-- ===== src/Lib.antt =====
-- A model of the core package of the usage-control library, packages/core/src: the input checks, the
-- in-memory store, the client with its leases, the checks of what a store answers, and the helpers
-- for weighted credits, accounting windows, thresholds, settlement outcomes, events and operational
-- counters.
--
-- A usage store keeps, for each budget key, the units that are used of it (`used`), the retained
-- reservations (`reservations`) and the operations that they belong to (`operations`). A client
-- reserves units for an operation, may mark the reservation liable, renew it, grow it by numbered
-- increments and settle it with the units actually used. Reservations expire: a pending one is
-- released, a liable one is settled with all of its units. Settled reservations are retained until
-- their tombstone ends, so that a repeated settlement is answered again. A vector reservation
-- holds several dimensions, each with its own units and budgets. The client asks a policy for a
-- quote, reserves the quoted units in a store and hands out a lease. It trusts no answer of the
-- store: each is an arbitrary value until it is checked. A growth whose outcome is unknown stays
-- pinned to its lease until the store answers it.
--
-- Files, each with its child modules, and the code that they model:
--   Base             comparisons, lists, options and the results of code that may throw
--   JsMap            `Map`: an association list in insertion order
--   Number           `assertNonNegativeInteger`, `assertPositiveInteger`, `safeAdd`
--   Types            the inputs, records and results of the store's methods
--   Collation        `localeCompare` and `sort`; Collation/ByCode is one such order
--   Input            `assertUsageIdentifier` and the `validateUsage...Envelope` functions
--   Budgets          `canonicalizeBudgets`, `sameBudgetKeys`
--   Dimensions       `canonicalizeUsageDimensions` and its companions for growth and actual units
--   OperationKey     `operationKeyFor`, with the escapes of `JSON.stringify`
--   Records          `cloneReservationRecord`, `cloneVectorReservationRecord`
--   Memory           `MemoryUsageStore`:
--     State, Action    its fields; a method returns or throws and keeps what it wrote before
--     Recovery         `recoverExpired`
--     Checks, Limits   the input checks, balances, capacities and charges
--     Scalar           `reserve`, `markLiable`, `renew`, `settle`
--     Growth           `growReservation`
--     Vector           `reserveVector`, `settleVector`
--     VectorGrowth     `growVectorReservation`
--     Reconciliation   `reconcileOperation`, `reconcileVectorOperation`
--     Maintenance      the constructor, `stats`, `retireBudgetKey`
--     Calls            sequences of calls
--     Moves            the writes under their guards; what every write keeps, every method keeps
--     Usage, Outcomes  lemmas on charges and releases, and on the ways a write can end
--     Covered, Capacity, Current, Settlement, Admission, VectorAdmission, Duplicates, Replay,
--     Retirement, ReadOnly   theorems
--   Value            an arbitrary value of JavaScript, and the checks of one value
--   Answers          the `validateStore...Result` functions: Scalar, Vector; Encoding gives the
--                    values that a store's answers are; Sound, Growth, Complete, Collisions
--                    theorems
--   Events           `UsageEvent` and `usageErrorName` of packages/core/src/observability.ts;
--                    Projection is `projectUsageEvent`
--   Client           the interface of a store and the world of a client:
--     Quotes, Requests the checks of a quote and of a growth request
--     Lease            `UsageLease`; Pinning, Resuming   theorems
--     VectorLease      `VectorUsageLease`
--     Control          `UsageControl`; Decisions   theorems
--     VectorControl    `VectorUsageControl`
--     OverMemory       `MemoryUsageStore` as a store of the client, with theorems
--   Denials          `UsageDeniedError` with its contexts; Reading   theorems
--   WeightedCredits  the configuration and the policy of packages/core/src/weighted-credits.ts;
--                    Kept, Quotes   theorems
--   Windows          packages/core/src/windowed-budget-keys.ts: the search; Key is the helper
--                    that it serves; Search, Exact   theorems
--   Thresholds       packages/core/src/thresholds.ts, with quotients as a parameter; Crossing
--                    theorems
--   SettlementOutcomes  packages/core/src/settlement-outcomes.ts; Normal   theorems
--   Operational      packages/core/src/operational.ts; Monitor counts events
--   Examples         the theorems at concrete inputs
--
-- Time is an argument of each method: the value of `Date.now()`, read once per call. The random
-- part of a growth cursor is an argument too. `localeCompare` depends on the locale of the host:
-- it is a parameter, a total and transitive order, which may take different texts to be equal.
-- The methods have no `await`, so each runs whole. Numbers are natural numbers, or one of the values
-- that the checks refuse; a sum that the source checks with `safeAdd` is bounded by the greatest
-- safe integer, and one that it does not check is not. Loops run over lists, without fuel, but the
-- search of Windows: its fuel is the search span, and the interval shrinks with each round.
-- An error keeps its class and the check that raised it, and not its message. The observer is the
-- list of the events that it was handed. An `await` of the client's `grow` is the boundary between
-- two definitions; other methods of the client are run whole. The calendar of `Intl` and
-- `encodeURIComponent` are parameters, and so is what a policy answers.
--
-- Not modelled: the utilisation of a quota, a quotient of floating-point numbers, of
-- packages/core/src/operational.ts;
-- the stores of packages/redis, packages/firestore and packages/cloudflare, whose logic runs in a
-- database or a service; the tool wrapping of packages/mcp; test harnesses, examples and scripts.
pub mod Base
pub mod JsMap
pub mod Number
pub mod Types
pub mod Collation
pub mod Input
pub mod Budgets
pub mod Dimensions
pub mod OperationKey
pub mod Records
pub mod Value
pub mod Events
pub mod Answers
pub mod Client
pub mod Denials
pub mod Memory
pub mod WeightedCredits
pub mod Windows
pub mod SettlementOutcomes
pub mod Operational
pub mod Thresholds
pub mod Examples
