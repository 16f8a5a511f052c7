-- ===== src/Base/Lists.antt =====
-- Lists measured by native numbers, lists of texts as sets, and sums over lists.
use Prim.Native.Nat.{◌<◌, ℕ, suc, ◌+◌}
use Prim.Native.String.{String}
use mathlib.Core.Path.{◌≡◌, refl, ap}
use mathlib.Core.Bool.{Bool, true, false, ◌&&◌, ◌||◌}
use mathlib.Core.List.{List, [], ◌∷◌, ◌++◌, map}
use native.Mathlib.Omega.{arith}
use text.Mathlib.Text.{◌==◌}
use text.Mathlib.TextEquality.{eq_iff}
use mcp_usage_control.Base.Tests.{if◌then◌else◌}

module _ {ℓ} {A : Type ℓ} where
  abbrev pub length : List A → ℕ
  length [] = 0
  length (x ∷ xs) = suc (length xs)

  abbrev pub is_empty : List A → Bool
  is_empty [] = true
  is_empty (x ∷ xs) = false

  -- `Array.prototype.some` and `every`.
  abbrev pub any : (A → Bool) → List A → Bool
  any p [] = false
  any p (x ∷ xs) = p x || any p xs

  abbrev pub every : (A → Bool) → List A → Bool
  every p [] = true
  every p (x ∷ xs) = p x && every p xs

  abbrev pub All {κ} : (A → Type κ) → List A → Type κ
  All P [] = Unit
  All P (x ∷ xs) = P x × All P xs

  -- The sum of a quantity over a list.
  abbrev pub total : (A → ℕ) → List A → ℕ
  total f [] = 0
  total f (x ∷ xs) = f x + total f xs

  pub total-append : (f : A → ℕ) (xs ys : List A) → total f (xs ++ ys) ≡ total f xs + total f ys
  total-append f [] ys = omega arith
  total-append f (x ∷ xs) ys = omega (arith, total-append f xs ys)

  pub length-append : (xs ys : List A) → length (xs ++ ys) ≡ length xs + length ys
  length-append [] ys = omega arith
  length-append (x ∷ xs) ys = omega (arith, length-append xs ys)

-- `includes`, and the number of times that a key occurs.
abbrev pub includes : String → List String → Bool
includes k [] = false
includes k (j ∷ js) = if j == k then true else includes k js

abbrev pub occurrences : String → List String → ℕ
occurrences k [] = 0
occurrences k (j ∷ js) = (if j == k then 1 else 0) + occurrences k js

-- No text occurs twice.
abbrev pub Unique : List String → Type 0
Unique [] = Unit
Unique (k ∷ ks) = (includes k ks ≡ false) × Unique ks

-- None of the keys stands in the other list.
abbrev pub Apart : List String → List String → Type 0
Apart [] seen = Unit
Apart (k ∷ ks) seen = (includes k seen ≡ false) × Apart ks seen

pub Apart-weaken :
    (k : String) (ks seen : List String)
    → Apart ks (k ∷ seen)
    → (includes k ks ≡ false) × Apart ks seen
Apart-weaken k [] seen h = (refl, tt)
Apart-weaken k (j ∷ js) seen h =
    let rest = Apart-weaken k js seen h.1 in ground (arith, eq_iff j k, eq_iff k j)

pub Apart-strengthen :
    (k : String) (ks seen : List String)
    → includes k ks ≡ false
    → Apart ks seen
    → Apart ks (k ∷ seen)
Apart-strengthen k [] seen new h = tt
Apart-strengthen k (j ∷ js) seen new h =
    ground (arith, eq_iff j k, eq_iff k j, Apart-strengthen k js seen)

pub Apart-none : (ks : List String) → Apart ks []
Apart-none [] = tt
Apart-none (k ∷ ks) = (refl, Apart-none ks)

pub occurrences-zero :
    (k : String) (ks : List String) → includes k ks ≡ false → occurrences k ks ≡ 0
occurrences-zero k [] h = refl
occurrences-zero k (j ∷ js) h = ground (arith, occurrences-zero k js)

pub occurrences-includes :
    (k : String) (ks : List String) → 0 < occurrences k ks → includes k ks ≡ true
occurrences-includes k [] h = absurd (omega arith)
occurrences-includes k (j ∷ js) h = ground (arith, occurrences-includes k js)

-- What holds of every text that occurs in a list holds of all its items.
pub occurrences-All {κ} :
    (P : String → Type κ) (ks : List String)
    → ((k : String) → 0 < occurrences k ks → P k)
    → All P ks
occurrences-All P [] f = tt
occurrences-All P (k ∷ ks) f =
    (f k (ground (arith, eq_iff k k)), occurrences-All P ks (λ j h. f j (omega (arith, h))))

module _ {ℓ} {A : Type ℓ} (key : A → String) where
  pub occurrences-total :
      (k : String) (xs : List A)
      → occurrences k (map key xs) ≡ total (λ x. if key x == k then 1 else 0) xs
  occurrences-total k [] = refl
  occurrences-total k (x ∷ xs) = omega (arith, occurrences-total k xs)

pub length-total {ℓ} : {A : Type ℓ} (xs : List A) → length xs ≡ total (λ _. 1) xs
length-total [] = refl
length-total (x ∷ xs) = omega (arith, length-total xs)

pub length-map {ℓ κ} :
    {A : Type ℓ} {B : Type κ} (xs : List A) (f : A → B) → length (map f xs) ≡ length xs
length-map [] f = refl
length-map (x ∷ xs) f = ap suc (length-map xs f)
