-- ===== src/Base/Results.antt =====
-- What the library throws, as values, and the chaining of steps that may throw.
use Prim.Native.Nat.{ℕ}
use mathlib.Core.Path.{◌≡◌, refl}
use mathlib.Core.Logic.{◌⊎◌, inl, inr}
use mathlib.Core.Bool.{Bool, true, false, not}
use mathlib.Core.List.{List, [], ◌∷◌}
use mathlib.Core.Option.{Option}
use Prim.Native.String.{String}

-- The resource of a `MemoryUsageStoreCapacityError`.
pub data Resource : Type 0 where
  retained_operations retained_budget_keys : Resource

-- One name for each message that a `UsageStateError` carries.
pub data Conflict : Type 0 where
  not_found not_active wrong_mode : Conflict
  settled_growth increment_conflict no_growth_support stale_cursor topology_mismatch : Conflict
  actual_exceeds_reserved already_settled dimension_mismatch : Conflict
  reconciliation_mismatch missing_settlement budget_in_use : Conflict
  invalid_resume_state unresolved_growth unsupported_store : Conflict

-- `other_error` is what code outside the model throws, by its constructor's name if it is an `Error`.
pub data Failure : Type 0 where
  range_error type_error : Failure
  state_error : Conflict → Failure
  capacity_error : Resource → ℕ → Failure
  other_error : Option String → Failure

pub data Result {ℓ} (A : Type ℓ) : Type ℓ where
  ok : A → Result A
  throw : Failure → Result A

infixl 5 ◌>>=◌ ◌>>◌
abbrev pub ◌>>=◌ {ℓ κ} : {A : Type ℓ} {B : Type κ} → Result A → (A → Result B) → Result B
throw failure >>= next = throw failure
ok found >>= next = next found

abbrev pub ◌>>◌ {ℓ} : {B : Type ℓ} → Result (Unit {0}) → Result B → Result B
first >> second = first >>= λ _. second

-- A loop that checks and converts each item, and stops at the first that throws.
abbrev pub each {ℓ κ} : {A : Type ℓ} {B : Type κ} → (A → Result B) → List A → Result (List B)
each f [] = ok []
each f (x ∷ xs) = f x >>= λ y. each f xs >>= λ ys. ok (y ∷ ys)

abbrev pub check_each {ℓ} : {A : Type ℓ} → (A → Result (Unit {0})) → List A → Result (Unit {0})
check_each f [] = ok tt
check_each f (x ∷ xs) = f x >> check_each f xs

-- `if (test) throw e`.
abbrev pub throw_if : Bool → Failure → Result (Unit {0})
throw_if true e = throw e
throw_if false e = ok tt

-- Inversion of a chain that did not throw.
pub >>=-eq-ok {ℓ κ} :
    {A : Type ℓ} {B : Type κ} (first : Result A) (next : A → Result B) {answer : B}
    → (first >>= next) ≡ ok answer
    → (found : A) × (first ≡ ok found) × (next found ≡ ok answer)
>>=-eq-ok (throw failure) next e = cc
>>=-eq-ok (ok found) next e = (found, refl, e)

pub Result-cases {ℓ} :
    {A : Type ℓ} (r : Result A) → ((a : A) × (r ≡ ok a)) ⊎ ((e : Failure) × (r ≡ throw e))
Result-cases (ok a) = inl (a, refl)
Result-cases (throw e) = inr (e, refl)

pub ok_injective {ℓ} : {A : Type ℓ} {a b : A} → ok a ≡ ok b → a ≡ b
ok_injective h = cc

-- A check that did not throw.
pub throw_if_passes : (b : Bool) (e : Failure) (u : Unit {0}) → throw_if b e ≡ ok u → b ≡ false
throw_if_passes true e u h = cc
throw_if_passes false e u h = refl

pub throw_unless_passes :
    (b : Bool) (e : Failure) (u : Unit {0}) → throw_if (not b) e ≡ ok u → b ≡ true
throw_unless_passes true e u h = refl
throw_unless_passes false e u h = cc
○ ○ ○
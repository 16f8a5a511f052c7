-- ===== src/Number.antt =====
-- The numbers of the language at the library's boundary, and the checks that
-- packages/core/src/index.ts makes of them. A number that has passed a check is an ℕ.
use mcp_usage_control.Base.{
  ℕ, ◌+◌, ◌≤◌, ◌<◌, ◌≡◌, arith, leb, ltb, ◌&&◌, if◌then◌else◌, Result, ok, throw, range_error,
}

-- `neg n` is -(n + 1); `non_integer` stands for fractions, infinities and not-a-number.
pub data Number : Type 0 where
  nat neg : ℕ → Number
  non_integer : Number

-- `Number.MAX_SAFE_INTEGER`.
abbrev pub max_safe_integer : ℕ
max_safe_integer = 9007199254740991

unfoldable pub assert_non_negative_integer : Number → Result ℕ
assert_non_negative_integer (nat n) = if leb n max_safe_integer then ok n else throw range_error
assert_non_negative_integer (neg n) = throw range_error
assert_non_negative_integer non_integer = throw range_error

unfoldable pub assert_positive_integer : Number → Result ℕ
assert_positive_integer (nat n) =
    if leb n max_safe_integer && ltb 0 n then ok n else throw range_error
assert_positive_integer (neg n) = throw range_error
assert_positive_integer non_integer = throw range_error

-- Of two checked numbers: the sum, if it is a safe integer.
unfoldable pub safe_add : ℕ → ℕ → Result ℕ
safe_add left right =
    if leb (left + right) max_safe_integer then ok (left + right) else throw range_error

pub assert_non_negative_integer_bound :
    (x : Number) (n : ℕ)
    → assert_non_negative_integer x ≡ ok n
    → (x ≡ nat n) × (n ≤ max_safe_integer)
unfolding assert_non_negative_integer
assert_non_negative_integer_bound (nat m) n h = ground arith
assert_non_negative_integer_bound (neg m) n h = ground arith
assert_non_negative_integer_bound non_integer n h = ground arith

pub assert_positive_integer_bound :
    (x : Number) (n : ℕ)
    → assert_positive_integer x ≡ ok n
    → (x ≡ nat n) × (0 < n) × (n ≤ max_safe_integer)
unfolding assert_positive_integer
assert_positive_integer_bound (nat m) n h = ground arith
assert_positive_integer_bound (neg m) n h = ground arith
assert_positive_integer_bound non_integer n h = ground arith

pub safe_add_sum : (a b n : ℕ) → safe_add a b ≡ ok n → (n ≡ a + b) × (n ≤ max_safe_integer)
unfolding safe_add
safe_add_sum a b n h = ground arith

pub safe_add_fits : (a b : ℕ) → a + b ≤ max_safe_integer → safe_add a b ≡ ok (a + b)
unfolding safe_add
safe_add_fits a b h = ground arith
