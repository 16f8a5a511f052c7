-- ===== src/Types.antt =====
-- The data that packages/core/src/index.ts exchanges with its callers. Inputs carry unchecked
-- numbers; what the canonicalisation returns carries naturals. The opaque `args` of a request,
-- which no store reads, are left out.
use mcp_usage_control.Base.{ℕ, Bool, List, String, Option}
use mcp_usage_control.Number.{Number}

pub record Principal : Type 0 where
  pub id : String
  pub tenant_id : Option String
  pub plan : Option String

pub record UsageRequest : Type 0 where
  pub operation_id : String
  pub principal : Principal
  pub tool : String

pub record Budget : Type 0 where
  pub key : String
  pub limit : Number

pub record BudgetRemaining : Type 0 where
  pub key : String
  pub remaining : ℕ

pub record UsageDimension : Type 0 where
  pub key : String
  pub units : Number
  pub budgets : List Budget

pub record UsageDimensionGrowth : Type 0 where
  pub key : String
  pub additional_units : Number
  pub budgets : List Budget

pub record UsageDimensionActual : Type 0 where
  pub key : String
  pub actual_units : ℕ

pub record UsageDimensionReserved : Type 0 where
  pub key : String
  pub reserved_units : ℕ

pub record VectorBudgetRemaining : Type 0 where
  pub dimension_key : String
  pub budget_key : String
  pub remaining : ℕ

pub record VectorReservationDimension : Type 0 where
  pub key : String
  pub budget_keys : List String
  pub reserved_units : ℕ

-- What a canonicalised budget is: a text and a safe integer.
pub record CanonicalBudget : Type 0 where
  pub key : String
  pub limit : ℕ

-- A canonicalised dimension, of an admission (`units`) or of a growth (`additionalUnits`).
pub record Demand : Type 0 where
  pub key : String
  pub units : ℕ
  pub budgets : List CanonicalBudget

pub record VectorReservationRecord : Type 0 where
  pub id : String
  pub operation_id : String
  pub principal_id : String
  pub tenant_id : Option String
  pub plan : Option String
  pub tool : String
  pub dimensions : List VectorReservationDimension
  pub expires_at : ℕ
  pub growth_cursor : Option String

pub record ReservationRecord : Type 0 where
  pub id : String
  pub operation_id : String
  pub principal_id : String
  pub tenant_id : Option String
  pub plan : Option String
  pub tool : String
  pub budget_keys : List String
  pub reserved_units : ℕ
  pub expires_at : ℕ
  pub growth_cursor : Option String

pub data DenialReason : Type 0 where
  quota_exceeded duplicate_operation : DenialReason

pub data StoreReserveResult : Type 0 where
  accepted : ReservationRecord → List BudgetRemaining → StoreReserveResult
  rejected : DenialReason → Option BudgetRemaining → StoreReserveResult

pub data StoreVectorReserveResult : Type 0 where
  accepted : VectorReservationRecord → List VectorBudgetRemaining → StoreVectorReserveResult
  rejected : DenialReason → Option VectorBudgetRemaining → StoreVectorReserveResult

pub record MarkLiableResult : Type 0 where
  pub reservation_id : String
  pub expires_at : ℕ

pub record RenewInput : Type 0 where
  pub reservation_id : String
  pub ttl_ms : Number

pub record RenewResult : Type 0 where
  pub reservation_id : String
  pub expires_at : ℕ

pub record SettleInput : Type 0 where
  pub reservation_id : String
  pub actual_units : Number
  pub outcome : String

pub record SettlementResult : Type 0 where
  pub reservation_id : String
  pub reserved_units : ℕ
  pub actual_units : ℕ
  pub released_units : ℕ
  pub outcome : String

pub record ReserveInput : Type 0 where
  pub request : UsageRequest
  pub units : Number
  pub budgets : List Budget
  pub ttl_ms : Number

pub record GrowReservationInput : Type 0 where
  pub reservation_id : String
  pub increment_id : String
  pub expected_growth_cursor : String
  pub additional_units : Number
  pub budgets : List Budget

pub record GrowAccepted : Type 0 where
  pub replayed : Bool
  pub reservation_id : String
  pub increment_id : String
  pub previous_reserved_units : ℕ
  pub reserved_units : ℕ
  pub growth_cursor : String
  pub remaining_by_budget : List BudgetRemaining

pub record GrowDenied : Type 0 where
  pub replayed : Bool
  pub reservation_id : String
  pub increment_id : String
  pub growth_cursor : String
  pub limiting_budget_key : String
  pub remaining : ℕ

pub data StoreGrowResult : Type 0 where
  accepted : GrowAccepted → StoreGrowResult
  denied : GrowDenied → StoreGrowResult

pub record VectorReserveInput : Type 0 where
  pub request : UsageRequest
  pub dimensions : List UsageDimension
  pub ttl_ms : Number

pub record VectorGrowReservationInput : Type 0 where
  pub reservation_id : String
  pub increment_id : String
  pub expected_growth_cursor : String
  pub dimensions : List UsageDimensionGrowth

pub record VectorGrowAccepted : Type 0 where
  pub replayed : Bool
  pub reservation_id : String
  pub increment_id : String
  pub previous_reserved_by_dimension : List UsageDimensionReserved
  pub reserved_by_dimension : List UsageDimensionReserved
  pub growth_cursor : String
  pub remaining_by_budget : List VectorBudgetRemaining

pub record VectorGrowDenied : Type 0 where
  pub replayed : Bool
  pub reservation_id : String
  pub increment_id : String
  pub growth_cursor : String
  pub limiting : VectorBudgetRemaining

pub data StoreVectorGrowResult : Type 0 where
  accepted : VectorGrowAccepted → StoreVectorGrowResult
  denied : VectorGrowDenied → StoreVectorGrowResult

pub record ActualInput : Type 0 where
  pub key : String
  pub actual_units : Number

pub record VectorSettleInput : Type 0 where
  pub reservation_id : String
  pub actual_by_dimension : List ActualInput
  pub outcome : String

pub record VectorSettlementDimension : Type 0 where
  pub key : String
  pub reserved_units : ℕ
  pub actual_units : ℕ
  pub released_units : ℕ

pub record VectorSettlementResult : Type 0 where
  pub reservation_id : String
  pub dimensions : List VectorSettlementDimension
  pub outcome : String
○ ○ ○
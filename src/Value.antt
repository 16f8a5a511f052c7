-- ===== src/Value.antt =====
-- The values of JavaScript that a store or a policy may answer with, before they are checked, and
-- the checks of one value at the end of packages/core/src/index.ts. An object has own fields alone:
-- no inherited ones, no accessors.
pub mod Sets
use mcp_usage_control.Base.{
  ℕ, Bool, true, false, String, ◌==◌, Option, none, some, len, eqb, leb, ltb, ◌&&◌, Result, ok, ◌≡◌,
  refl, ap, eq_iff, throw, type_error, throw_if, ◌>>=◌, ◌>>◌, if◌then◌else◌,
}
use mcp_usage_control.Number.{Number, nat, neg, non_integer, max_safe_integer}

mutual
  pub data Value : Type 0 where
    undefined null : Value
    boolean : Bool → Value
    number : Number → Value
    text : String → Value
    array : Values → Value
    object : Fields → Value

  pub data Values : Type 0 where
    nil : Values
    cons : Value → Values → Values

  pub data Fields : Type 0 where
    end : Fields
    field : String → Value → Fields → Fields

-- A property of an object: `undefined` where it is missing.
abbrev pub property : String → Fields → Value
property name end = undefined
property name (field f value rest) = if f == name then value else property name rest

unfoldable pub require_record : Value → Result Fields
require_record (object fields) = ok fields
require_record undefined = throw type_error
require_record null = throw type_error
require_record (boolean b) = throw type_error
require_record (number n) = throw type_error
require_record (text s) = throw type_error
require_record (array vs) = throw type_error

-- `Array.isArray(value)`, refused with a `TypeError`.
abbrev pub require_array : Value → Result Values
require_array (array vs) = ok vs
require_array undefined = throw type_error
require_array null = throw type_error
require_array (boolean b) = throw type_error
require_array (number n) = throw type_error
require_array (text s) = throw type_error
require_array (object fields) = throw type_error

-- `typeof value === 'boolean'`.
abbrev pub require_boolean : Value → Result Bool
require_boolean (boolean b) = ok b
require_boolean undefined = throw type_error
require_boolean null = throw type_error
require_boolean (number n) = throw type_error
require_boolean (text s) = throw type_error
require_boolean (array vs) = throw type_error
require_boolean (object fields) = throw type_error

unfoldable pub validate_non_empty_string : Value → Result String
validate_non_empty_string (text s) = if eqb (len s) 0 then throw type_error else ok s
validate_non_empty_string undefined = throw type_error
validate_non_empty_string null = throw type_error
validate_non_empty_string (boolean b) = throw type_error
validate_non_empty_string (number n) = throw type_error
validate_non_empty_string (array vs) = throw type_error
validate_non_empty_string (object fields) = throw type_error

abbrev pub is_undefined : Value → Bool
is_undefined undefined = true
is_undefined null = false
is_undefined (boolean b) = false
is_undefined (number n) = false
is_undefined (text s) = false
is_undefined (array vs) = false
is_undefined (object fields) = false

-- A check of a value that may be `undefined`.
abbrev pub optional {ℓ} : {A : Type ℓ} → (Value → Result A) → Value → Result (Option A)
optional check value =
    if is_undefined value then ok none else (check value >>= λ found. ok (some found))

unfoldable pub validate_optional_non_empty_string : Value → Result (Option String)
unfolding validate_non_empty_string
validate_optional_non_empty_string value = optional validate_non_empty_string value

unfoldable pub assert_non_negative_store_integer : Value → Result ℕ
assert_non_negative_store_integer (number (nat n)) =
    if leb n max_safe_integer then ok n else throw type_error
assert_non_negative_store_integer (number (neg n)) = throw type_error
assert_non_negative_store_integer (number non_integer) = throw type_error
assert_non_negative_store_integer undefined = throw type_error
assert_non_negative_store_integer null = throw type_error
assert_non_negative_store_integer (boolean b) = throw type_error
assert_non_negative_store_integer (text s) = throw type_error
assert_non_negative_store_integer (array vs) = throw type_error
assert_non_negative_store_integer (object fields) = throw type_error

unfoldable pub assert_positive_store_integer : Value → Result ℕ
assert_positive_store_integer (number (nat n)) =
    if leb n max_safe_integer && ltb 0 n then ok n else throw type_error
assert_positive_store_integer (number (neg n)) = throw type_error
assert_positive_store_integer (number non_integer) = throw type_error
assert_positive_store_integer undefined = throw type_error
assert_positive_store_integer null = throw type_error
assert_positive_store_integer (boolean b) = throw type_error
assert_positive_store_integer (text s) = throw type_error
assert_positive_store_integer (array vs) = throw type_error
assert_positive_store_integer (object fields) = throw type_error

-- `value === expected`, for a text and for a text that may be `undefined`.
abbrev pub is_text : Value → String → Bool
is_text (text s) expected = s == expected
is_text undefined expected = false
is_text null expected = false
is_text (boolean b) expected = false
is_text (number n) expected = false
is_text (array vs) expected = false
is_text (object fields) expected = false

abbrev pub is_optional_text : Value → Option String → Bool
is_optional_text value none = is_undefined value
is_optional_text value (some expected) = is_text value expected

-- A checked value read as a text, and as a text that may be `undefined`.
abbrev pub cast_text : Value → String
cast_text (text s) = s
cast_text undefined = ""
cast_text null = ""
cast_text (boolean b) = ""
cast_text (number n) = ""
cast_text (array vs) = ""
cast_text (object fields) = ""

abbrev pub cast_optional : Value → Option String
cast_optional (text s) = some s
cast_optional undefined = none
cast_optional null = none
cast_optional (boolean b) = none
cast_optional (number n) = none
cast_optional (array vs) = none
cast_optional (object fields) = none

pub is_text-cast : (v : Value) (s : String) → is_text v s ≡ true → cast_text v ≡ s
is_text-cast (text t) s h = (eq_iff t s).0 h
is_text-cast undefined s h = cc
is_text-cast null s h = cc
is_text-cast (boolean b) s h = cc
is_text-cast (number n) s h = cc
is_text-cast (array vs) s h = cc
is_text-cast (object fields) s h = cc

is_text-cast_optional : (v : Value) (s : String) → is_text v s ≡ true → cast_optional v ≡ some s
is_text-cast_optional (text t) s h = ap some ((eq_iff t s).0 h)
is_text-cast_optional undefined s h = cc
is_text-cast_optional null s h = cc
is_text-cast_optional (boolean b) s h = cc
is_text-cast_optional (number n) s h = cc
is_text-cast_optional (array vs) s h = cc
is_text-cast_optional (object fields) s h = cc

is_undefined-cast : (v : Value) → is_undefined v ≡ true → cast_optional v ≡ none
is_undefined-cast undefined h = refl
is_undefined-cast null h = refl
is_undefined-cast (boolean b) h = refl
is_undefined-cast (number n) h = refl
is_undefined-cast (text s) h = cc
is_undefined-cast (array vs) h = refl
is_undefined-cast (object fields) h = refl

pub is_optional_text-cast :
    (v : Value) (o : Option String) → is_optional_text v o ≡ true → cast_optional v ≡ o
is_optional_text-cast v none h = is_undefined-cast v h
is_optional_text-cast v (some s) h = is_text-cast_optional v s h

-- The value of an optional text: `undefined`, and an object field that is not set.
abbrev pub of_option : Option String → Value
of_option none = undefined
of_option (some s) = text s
○ ○ ○
Could you set down, exactly as written, the lines above between the one holding "and actual units" and the one holding "sequences of calls", inclusive, and nothing more?

--   Dimensions       `canonicalizeUsageDimensions` and its companions for growth and actual units
--   OperationKey     `operationKeyFor`, with the escapes of `JSON.stringify`
--   Records          `cloneReservationRecord`, `cloneVectorReservationRecord`
--   Memory           `MemoryUsageStore`:
--     State, Action    its fields; a method returns or throws and keeps what it wrote before
--     Recovery         `recoverExpired`
--     Checks, Limits   the input checks, balances, capacities and charges
--     Scalar           `reserve`, `markLiable`, `renew`, `settle`
--     Growth           `growReservation`
--     Vector           `reserveVector`, `settleVector`
--     VectorGrowth     `growVectorReservation`
--     Reconciliation   `reconcileOperation`, `reconcileVectorOperation`
--     Maintenance      the constructor, `stats`, `retireBudgetKey`
--     Calls            sequences of calls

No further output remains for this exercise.